Immediately recognized as radical and transformative, “The New Brutalism,” was the subject of much debate. In fact, a series of think pieces had appeared in journals before the Smithsons managed to complete their first building, the Hunstanton Secondary School seen here.

One of brutalism’s strongest early supporters was historian and critic Reyner Banham. In 1955 he published an essay summarizing the defining characteristics of this new style as follows:

“1, Formal legibility of plan; 2, clear exhibition of structure, and 3, valuation of materials for their inherent qualities ‘as found.’”

Banham found this simple list inadequate, so he added:

“In the last resort what characterizes the New Brutalism in architecture […] is precisely its brutality, its je-m’en-foutisme, its bloody-mindedness.” [Banham, “The New Brutalism,” Architectural Review (December 1955)]

Banham later published what he purported to be the definitive statement on The New Brutalism, comprising an international selection of buildings. His contention was that the interplay of ethics and aesthetics defined production and reception of brutalism.

The trouble is, Banham excluded most of the buildings we now regard as brutalist. No Paul Rudolph, no Marcel Breuer, no Boston City Hall, and only one early project by Louis Kahn. And for the record, the Smithsons shunned Banham’s book, accusing him of co-opting their ideas to serve his own agenda.

 Surely, the binary put forward by Banham is much too blunt and exclusionary. In order to rethink the word brutalism itself, it may be useful to return to the dictionary. Let’s look at the definitions of the parts in question. I’ve made a few redactions for the sake of brevity:

“brutal”

  1. savagely violent: a brutal murder
  2. punishingly hard or uncomfortable: the brutal winter wind
  3. without any attempt to disguise unpleasantness: the brutal honesty of his observations

“-ism”

  1. denoting an action or its result: baptism
  2. denoting a state or quality: barbarism
  3. denoting a system, principle or ideological movement: feminism
  4. denoting a basis for prejudice or discrimination: racism
  5. denoting a peculiarity in language: colloquialism
  6. denoting a pathological condition: alcoholism

[Oxford American Dictionary, 2007 Edition]

If we cut and paste a bit we might come up with something satisfactory:

“brutalism”: A state or quality of principled but pathological hardness or discomfort, without any attempt to disguise its unpleasantness.

A bit convoluted, but you get the point. Using this makeshift definition, the word itself might be reframed to describe a particular attitude about building, best described by Banham’s “bloody-mindedness.” Unlike the historically loaded word style, the idea of an attitude might effective at drawing together the diverse group of architectures to which we affix the word in question.
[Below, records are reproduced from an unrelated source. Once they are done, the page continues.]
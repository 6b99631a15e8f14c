-- ===== src/Kernel/Reconcile/Index/Lookup.antt =====
-- The lists of the index, against a scan of the whole inventory by a test.
use mathlib.Core.List.{append_assoc, append-nil}
use index_core.Base.{
  Str, str_eq, ℤ, ◌≡◌, refl, sym, ap, ◌∙◌, Bool, ◌&&◌, List, [], ◌∷◌, ◌++◌, if◌then◌else◌, select,
  arith,
}
use index_core.Domain.Enums.{is_present}
use index_core.Domain.Entities.{SnapshotEntry}
use index_core.Kernel.Reconcile.Types.{PriorResource, canonical_path_of, has_missing_evidence}
use index_core.Kernel.Reconcile.Paths.{is_filled}
use index_core.Kernel.Reconcile.Index.{
  PriorIndex, empty_index, provider_key, hash_key, has_size, has_stable_id, add_prior, add_all,
  build_prior_index, observe, observe_all, index_observation,
}

-- A list of the index that each round extends by the resource, if it is PRESENT and passes a test.
module _ (test : PriorResource → Bool) (read : PriorIndex → List PriorResource)
    (round : (ix : PriorIndex) (p : PriorResource)
      → read (add_prior ix p)
        ≡ (if is_present p.resource_presence && test p then read ix ++ p ∷ [] else read ix)) where
  read-add_all :
      (ix : PriorIndex) (ps : List PriorResource)
      → read (add_all ix ps) ≡ read ix ++ select (λ p. is_present p.resource_presence && test p) ps
  unfolding add_all select
  read-add_all ix [] = sym (append-nil (read ix))
  read-add_all ix (p ∷ ps) = ground (
    arith,
    read-add_all (add_prior ix p) ps,
    round ix p,
    append_assoc (read ix) (p ∷ []) (select (λ p. is_present p.resource_presence && test p) ps),
  )

by_path_round :
    (k : Str) (ix : PriorIndex) (p : PriorResource)
    → (add_prior ix p).present_by_path k ≡ (
        if is_present p.resource_presence && str_eq (canonical_path_of p) k
        then ix.present_by_path k ++ p ∷ []
        else ix.present_by_path k)
unfolding add_prior
by_path_round k ix p = ground arith

by_provider_round :
    (k : Str) (ix : PriorIndex) (p : PriorResource)
    → (add_prior ix p).present_by_provider k ≡ (
        if is_present p.resource_presence && (has_stable_id p && str_eq (provider_key p) k)
        then ix.present_by_provider k ++ p ∷ []
        else ix.present_by_provider k)
unfolding add_prior
by_provider_round k ix p = ground arith

by_hash_round :
    (k : Str) (ix : PriorIndex) (p : PriorResource)
    → (add_prior ix p).present_by_hash k ≡ (
        if is_present p.resource_presence && (is_filled p.content_hash && str_eq (hash_key p) k)
        then ix.present_by_hash k ++ p ∷ []
        else ix.present_by_hash k)
unfolding add_prior
by_hash_round k ix p = ground arith

missing_by_hash_round :
    (k : Str) (ix : PriorIndex) (p : PriorResource)
    → (add_prior ix p).missing_by_hash k ≡ (
        if is_present p.resource_presence
          && (has_missing_evidence p && is_filled p.content_hash && str_eq (hash_key p) k)
        then ix.missing_by_hash k ++ p ∷ []
        else ix.missing_by_hash k)
unfolding add_prior
missing_by_hash_round k ix p = ground arith

missing_by_size_round :
    (n : ℤ) (ix : PriorIndex) (p : PriorResource)
    → (add_prior ix p).missing_by_size n ≡ (
        if is_present p.resource_presence && (has_missing_evidence p && has_size p n)
        then ix.missing_by_size n ++ p ∷ []
        else ix.missing_by_size n)
unfolding add_prior
missing_by_size_round n ix p = ground arith

-- The tests that the five lists of the index stand for.
abbrev pub at_path : Str → PriorResource → Bool
at_path k p = is_present p.resource_presence && str_eq (canonical_path_of p) k

abbrev pub at_provider : Str → PriorResource → Bool
at_provider k p = is_present p.resource_presence && (has_stable_id p && str_eq (provider_key p) k)

abbrev pub at_hash : Str → PriorResource → Bool
at_hash k p = is_present p.resource_presence && (is_filled p.content_hash && str_eq (hash_key p) k)

abbrev pub missing_at_hash : Str → PriorResource → Bool
missing_at_hash k p =
    is_present p.resource_presence
    && (has_missing_evidence p && is_filled p.content_hash && str_eq (hash_key p) k)

abbrev pub missing_at_size : ℤ → PriorResource → Bool
missing_at_size n p = is_present p.resource_presence && (has_missing_evidence p && has_size p n)

-- Every list of the built index is the part of the inventory that passes its test, in the order of
-- the inventory: by provider id, content hash and path over the PRESENT resources, and by content
-- hash and size over those with missing evidence.
pub build_prior_index-select :
    (prior : List PriorResource) (k : Str) (n : ℤ)
    → ((build_prior_index prior).present_by_provider k ≡ select (at_provider k) prior)
      × ((build_prior_index prior).present_by_hash k ≡ select (at_hash k) prior)
      × ((build_prior_index prior).present_by_path k ≡ select (at_path k) prior)
      × ((build_prior_index prior).missing_by_hash k ≡ select (missing_at_hash k) prior)
      × ((build_prior_index prior).missing_by_size n ≡ select (missing_at_size n) prior)
unfolding build_prior_index
build_prior_index-select prior k n = (
  read-add_all _ (λ ix. ix.present_by_provider k) (by_provider_round k) empty_index prior,
  read-add_all _ (λ ix. ix.present_by_hash k) (by_hash_round k) empty_index prior,
  read-add_all _ (λ ix. ix.present_by_path k) (by_path_round k) empty_index prior,
  read-add_all _ (λ ix. ix.missing_by_hash k) (missing_by_hash_round k) empty_index prior,
  read-add_all _ (λ ix. ix.missing_by_size n) (missing_by_size_round n) empty_index prior,
)

lists-observe_all :
    (ix : PriorIndex) (es : List SnapshotEntry)
    → ((observe_all ix es).present_by_provider ≡ ix.present_by_provider)
      × ((observe_all ix es).present_by_hash ≡ ix.present_by_hash)
      × ((observe_all ix es).present_by_path ≡ ix.present_by_path)
      × ((observe_all ix es).missing_by_hash ≡ ix.missing_by_hash)
      × ((observe_all ix es).missing_by_size ≡ ix.missing_by_size)
unfolding observe_all observe
lists-observe_all ix [] = (refl, refl, refl, refl, refl)
lists-observe_all ix (e ∷ es) = lists-observe_all (observe ix e) es

-- The index that `resolve` reads: built from the inventory, then told of the entries.
abbrev pub index_of : List PriorResource → List SnapshotEntry → PriorIndex
index_of prior es = index_observation (build_prior_index prior) es

-- So every list that `resolve` reads is a scan of the inventory.
pub index_of-select :
    (prior : List PriorResource) (es : List SnapshotEntry) (k : Str) (n : ℤ)
    → ((index_of prior es).present_by_provider k ≡ select (at_provider k) prior)
      × ((index_of prior es).present_by_hash k ≡ select (at_hash k) prior)
      × ((index_of prior es).present_by_path k ≡ select (at_path k) prior)
      × ((index_of prior es).missing_by_hash k ≡ select (missing_at_hash k) prior)
      × ((index_of prior es).missing_by_size n ≡ select (missing_at_size n) prior)
unfolding index_observation
index_of-select prior es k n =
    let built = build_prior_index-select prior k n in
    let kept =
      lists-observe_all
        (record (build_prior_index prior) { observed_by_hash = λ _. 0; observed_paths = λ _. 0 })
        es in
    (
      ap (λ m. m k) kept.0 ∙ built.0,
      ap (λ m. m k) kept.1 ∙ built.1,
      ap (λ m. m k) kept.2 ∙ built.2,
      ap (λ m. m k) kept.3 ∙ built.3,
      ap (λ m. m n) kept.4 ∙ built.4,
    )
Universally recognizable by its severe, abstract geometries and the monolithic use of concrete, block and brick – this attitude called brutalism became a consensus approach to monumentalizing modern architecture.

If this story of Brutalism is indeed about consensus, our primary question should be: what made this uncompromising, imposing, and frankly quite impractical attitude so seductive?

The story of Paul Rudolph’s Art & Architecture building at Yale University might be instructive. Commissioned when Rudolph was appointed dean at the Yale School of Architecture, the completed building is overflowing with quotations and citations of the history of architecture.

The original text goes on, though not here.